Terima kesalahan dengan ketegaran sekaligus ketenangan hati - Menjaga pikiran agar bisa tetap tenang dan fokus meskipun sedang berada dibawah tekanan [hidup], bisa dilatih. Bayangkan para atlit top dunia—mereka tidak selalu menang, tidak selalu pulang membawa piala. Ada kalanya mereka kalah. Ada kalanya mereka pulang dengan tangan kosong. Tetapi mereka masih terus berkarir, ikut berlomba lagi di kejuaraan berikutnya. Salah satu ucapan bintang bola basket Michael Jordan yang saya sukai adalah, “I’ve failed over and over and over again in my life and that is why I succeed.” Ungkapan ini jelas menunjukan betapa kuatnya mental Michael Jordan.
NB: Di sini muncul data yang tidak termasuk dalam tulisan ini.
-- ===== src/Gtk.antt =====
-- The gtk program (rust/gtk): a host that draws runners and a hunter, which two wasm modules move
-- in a shared buffer, on a grid that the modules may only read.
pub mod Outcome
pub mod Draws
pub mod State
pub mod Actor
pub mod Hunter
pub mod Runner
pub mod Signals
pub mod Actors
pub mod Grid
pub mod View
pub mod Host
pub mod Buffers
pub mod Fault
pub mod Context
pub mod Draw
pub mod Protocol
pub mod World
mod Tests
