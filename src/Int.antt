-- ===== src/Int.antt =====
-- Signed integers over the native numbers, and the `i32` of Rust with its wrap-around.
-- In a debug build an arithmetic overflow panics, in a release build it wraps; `Profile` is the
-- build (MODE in run.sh).
use wasm_shared_buffers.Base.{
  ℕ, suc, ◌+◌, ◌-◌, ◌*◌, ◌%◌, ◌^◌, ◌≤◌, ◌<◌, ◌≡◌, Bool, ◌&&◌, arith, ltb, leb, if◌then◌else◌,
  le→leb, lt→ltb, Run, ok, panic, overflow,
}
use wasm_shared_buffers.Word.{u32_mod}

-- `negsuc n` is -(n + 1).
pub data ℤ : Type 0 where
  pos negsuc : ℕ → ℤ

abbrev pub pos_part : ℤ → ℕ
pos_part (pos n) = n
pos_part (negsuc n) = 0

abbrev pub neg_part : ℤ → ℕ
neg_part (negsuc n) = suc n
neg_part (pos n) = 0

-- The difference of two numbers.
abbrev pub sub_ℕ : ℕ → ℕ → ℤ
sub_ℕ m n = if ltb m n then negsuc (n - m - 1) else pos (m - n)

infixl 65 ◌+ℤ◌
unfoldable pub ◌+ℤ◌ : ℤ → ℤ → ℤ
i +ℤ j = sub_ℕ (pos_part i + pos_part j) (neg_part i + neg_part j)

infixl 65 ◌-ℤ◌
unfoldable pub ◌-ℤ◌ : ℤ → ℤ → ℤ
i -ℤ j = sub_ℕ (pos_part i + neg_part j) (neg_part i + pos_part j)

infixl 70 ◌*ℤ◌
unfoldable pub ◌*ℤ◌ : ℤ → ℤ → ℤ
i *ℤ j =
    sub_ℕ (pos_part i * pos_part j + neg_part i * neg_part j)
      (pos_part i * neg_part j + neg_part i * pos_part j)

abbrev pub ltb_ℤ : ℤ → ℤ → Bool
ltb_ℤ i j = ltb (pos_part i + neg_part j) (neg_part i + pos_part j)

-- `n as i32` for a word of 32 bits.
unfoldable pub as_i32 : ℕ → ℤ
as_i32 n = if ltb n (2 ^ 31) then pos n else negsuc (u32_mod - 1 - n)

-- `i as usize` for an `i32`, on a target of 32 bits.
unfoldable pub as_usize : ℤ → ℕ
as_usize (pos n) = n
as_usize (negsuc n) = u32_mod - 1 - n

pub data Profile : Type 0 where
  debug release : Profile

-- What an overflow gives: `wrapped` is the value that a release build goes on with.
abbrev pub overflows {ℓ} : {A : Type ℓ} → Profile → A → Run A
overflows debug wrapped = panic overflow
overflows release wrapped = ok wrapped

unfoldable pub wrap : ℤ → ℤ
unfolding as_i32
wrap (pos n) = as_i32 (n % u32_mod)
wrap (negsuc n) = as_i32 (u32_mod - 1 - n % u32_mod)

-- An exact result as an `i32`.
unfoldable pub fit : Profile → ℤ → Run ℤ
unfolding wrap
fit p i =
    if leb (pos_part i) (2 ^ 31 - 1) && leb (neg_part i) (2 ^ 31)
    then ok i
    else overflows p (wrap i)

unfoldable pub saturating_add : ℤ → ℤ → ℤ
unfolding ◌+ℤ◌
saturating_add i j =
    let s = i +ℤ j in
    if leb (2 ^ 31) (pos_part s)
    then pos (2 ^ 31 - 1)
    else if leb (2 ^ 31) (neg_part s)
    then negsuc (2 ^ 31 - 1)
    else s

-- `i32::abs`: the least `i32` has no opposite.
unfoldable pub abs_i32 : Profile → ℤ → Run ℤ
abs_i32 p (pos n) = ok (pos n)
abs_i32 p (negsuc n) = if ltb n (2 ^ 31 - 1) then ok (pos (suc n)) else overflows p (negsuc n)

-- `i % 3`, with the sign of `i`.
unfoldable pub rem3 : ℤ → ℤ
rem3 (pos n) = pos (n % 3)
rem3 (negsuc n) = sub_ℕ 0 (suc n % 3)

-- An exact result in the range of `i32` is the result in either build.
pub fit-ok : (p : Profile) (i : ℤ) → pos_part i < 2 ^ 31 → neg_part i ≤ 2 ^ 31 → fit p i ≡ ok i
unfolding fit
fit-ok p i h k = rw (le→leb (pos_part i) (2 ^ 31 - 1) (omega arith), le→leb (neg_part i) (2 ^ 31) k)

pub as_usize-as_i32 : (n : ℕ) → n < u32_mod → as_usize (as_i32 n) ≡ n
unfolding as_usize as_i32
as_usize-as_i32 n h = ground arith

pub as_i32-low : (n : ℕ) → n < 2 ^ 31 → as_i32 n ≡ pos n
unfolding as_i32
as_i32-low n h = rw (lt→ltb n (2 ^ 31) h)
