-- ===== src/Gtk/State.antt =====
-- `State` and `Signal` of the gtk program: rust/gtk/src/shared.rs and rust/gtk/src/host_common.rs.
use wasm_shared_buffers.Base.{
  ◌<◌, ℕ, zero, suc, ◌≡◌, refl, ◌⊎◌, inl, inr, Bool, true, false, ◌&&◌, List, [], ◌∷◌, arith, ltb,
  leb, Run, ok, panic, assertion, ◌>>◌, assert, item,
}
use wasm_shared_buffers.Int.{ℤ, pos, negsuc, pos_part, neg_part}

pub data State : Type 0 where
  walking running dead : State

abbrev pub is_dead : State → Bool
is_dead dead = true
is_dead _ = false

-- The number that a `State` is in the shared buffer.
unfoldable pub state_code : State → ℕ
state_code walking = 0
state_code running = 1
state_code dead = 2

-- The array that `State::from` indexes.
abbrev states : List State
states = walking ∷ running ∷ dead ∷ []

unfoldable pub state_from : ℤ → Run State
state_from value = do
  assert (leb (neg_part value) 0 && ltb (pos_part value) 3)
  item states (pos_part value)

pub data Signal : Type 0 where
  idle init tick large_alloc modify_grid exit : Signal

unfoldable pub signal_code : Signal → ℕ
signal_code idle = 0
signal_code init = 1
signal_code tick = 2
signal_code large_alloc = 3
signal_code modify_grid = 4
signal_code exit = 5

-- The array that `Signal::from` indexes.
abbrev signals : List Signal
signals = idle ∷ init ∷ tick ∷ large_alloc ∷ modify_grid ∷ exit ∷ []

unfoldable pub signal_from : ℕ → Run Signal
signal_from value = do assert (ltb value 6); item signals value

-- The number of a state is read back as the state; a number that `State::from` reads is the number
-- of what it reads; and it fails by the assertion only.
pub state_from_lem :
    (i : ℤ)
    → (state_from i ≡ panic assertion)
      ⊎ ((s : State) × (i ≡ pos (state_code s)) × (state_from i ≡ ok s))
unfolding state_from state_code
state_from_lem (negsuc n) = inl (ground arith)
state_from_lem (pos zero) = inr (walking, refl, refl)
state_from_lem (pos (suc zero)) = inr (running, refl, refl)
state_from_lem (pos (suc (suc zero))) = inr (dead, refl, refl)
state_from_lem (pos (suc (suc (suc n)))) = inl (ground arith)

pub state_from-state_code : (s : State) → state_from (pos (state_code s)) ≡ ok s
unfolding state_from state_code
state_from-state_code walking = refl
state_from-state_code running = refl
state_from-state_code dead = refl

pub signal_from_lem :
    (n : ℕ)
    → ((5 < n) × (signal_from n ≡ panic assertion))
      ⊎ ((s : Signal) × (n ≡ signal_code s) × (signal_from n ≡ ok s))
unfolding signal_from signal_code
signal_from_lem zero = inr (idle, refl, refl)
signal_from_lem (suc zero) = inr (init, refl, refl)
signal_from_lem (suc (suc zero)) = inr (tick, refl, refl)
signal_from_lem (suc (suc (suc zero))) = inr (large_alloc, refl, refl)
signal_from_lem (suc (suc (suc (suc zero)))) = inr (modify_grid, refl, refl)
signal_from_lem (suc (suc (suc (suc (suc zero))))) = inr (exit, refl, refl)
signal_from_lem (suc (suc (suc (suc (suc (suc n)))))) = inl (omega arith, ground arith)

pub signal_from-signal_code : (s : Signal) → signal_from (signal_code s) ≡ ok s
unfolding signal_from signal_code
signal_from-signal_code idle = refl
signal_from-signal_code init = refl
signal_from-signal_code tick = refl
signal_from-signal_code large_alloc = refl
signal_from-signal_code modify_grid = refl
signal_from-signal_code exit = refl
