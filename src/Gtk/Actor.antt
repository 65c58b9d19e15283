-- ===== src/Gtk/Actor.antt =====
-- What the two modules share: rust/gtk/src/module_common.rs.
-- The modules run on wasm32: a `usize` is a number below 2^32. RAND_VALUE is passed along: a
-- function that draws takes its value and returns the new one. A cell of the grid is the bit
-- pattern of its `i32`.
pub mod Move
pub mod Within
pub mod Rand
use wasm_shared_buffers.Base.{
  ℕ, zero, suc, ◌+◌, ◌-◌, ◌*◌, ◌/◌, ◌%◌, ◌^◌, ◌≤◌, ◌<◌, ◌≡◌, refl, sym, ap, ◌∙◌, ◌≢◌, ◌↔◌, ◌⊎◌, inl,
  inr, Bool, true, false, not, ◌&&◌, ◌||◌, Option, none, some, List, [], ◌∷◌, ◌++◌, arith, ltb, leb,
  ◌==◌, if◌then◌else◌, le→leb, lt→ltb, ltb→lt, leb→le, ==_iff, Bool-cases, Option-cases, length,
  get_elem?, get_or, take, drop, replicate, All, Run, ok, panic, overflow, explicit, index,
  assertion, ◌>>=◌, ◌>>◌, check, assert, item, >>=-eq-ok, length-replicate, length-append,
}
use wasm_shared_buffers.Word.{u32_mod}
use wasm_shared_buffers.Int.{
  ℤ, pos, negsuc, pos_part, neg_part, sub_ℕ, ◌+ℤ◌, ◌-ℤ◌, ◌*ℤ◌, ltb_ℤ, as_i32, as_usize, Profile,
  debug, release, overflows, wrap, fit, saturating_add, abs_i32, rem3, fit-ok, as_usize-as_i32,
  as_i32-low,
}
use wasm_shared_buffers.Gtk.State.{State}

abbrev pub grid_w : ℕ
grid_w = 50

abbrev pub grid_h : ℕ
grid_h = 30

abbrev pub n_runners : ℕ
n_runners = 15

-- `rand_usize`, whose result is the new RAND_VALUE.
unfoldable pub rand_usize : ℕ → ℕ
rand_usize rand_value = (rand_value + 137) % u32_mod * 7 % u32_mod

unfoldable pub rand : ℕ → ℤ
rand rand_value = as_i32 (rand_usize rand_value)

pub record Runner : Type 0 where
  pub x : ℕ
  pub y : ℕ
  pub state : State

pub record Hunter : Type 0 where
  pub x : ℕ
  pub y : ℕ

abbrev pub GridType : Type 0
GridType = List (List ℕ)

pub record Context : Type 0 where
  pub grid : GridType
  pub hunter : Hunter
  pub runners : List Runner

-- `rand().abs() % 3`, and the new RAND_VALUE.
unfoldable pub rand_rem3 : Profile → ℕ → Run (ℤ × ℕ)
rand_rem3 p v = do a ← abs_i32 p (rand v); ok (rem3 a, rand_usize v)

unfoldable pub rand_step : Profile → ℕ → Run (ℤ × ℕ)
rand_step p v = do (a, v₁) ← rand_rem3 p v; ok (a -ℤ pos 1, v₁)

unfoldable pub step : ℤ → ℤ
step (pos zero) = pos 0
step (pos (suc n)) = pos 1
step (negsuc n) = negsuc 0

-- `ty >= grid.len() || tx >= grid[ty].len()`
unfoldable pub is_off : GridType → ℕ → ℕ → Bool
is_off grid tx ty = leb (length grid) ty || leb (length (get_or grid ty [])) tx

-- `grid[ty][tx] == 1`, on a cell of the grid.
unfoldable pub is_blocked : GridType → ℕ → ℕ → Bool
is_blocked grid tx ty = get_or (get_or grid ty []) tx 0 == 1

-- `(x as i32).saturating_add(m) as usize`
unfoldable pub target : ℕ → ℤ → ℕ
target x m = as_usize (saturating_add (as_i32 x) m)

-- The second try of `move_by`: a random step.
unfoldable pub move_at_random : Profile → GridType → ℕ → ℕ → ℕ → Run ((ℕ × ℕ) × ℕ)
move_at_random p grid x y v = do
  (mx, v₁) ← rand_step p v
  (my, v₂) ← rand_step p v₁
  let tx = target x mx
  let ty = target y my
  ok (if is_off grid tx ty || is_blocked grid tx ty then (x, y) else (tx, ty), v₂)

unfoldable pub move_by : Profile → GridType → ℕ → ℕ → ℤ → ℤ → ℕ → Run ((ℕ × ℕ) × ℕ)
move_by p grid x y mx my v =
    let tx = target x (step mx) in
    let ty = target y (step my) in
    if is_off grid tx ty
    then ok ((x, y), v)
    else if is_blocked grid tx ty
    then move_at_random p grid x y v
    else ok ((tx, ty), v)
Dia memang tergolong orang yang bermental baja. Salah satu cara untuk mencapai tingkatan mental ini adalah dengan membiasakan diri untuk melihat kesalahan dan kegagalan sebagai syarat mutlak untuk berhasil—tidak bisa ditawar-tawar.
Lihat kegagalan sebagai aset - Bagimana mungkin kegagalan adalah aset? Logikanya, setiap orang bisa belajar dengan menggunakan salah satu dari 2 cara berikut ini, atau keduanya:
·         Belajar dari keberhasilan—hal (konsep/metode/cara/pendekatan) yang bekerja dengan baik dan mendukung keberhasilan tinggal diulangi saja (repeat) untuk mencetak keberhasilan demi keberhasilan lagi; atau
·         Dari kegagalan— hal (konsep/metode/cara/pendekatan) yang tidak bisa bekerja atau gagal ya jangan dipakai lagi, dengan mengetahui apa yang tidak bisa/boleh, mestinya dengan sendirinya apa yang bisa/boleh dilakukan, bisa terlihat.
Di dunia kerjapun, pengalaman adalah prasyarat utama—bahkan mengalahkan jenjang pendidikan. Seseorang yang pernah berkecimpung dibidang tertentu dalam waktu lama (berpengalaman) biasanya jauh lebih dihargai dibandingkan para sarjana, master, bahkan doktor sekalipun. Dalam sebuah perjalanan pengalaman panjang tentunya termasuk juga kegagalan-kegagalan. Sehingga kegagalan juga termasuk aset.
Bedakan antara kritik yang membangun dengan yang menjatuhkan - Idealnya, berfokus lah pada kritik yang membangun saja. Kritik yang menjatuhkan hanya menghabiskan tempat di memory otak kita. Buang jauh-jauh. Jikapun mau diambil, pastikan jenis kritik negative itu bisa membangkitkan energi yang lebih besar untuk mendorong ke depan—bukan ke belakang atau kesamping.
Mungkin ada lebih banyak cara lagi yang bisa dilakukan untuk menanamkan sekaligus menumbuhkan mental kuat, tahan banting, selalu bangkit dengan tenaga yang lebih besar setiap kali mengalami cobaan hidup—hambatan atau kegagalan. Terpenting menurut saya adalah apa yang paling sesuai untuk diri kita. Yang jelas, memiliki mental baja adalah keistimewaan tersendiri, menurut saya bagus untuk ditumbuhkan.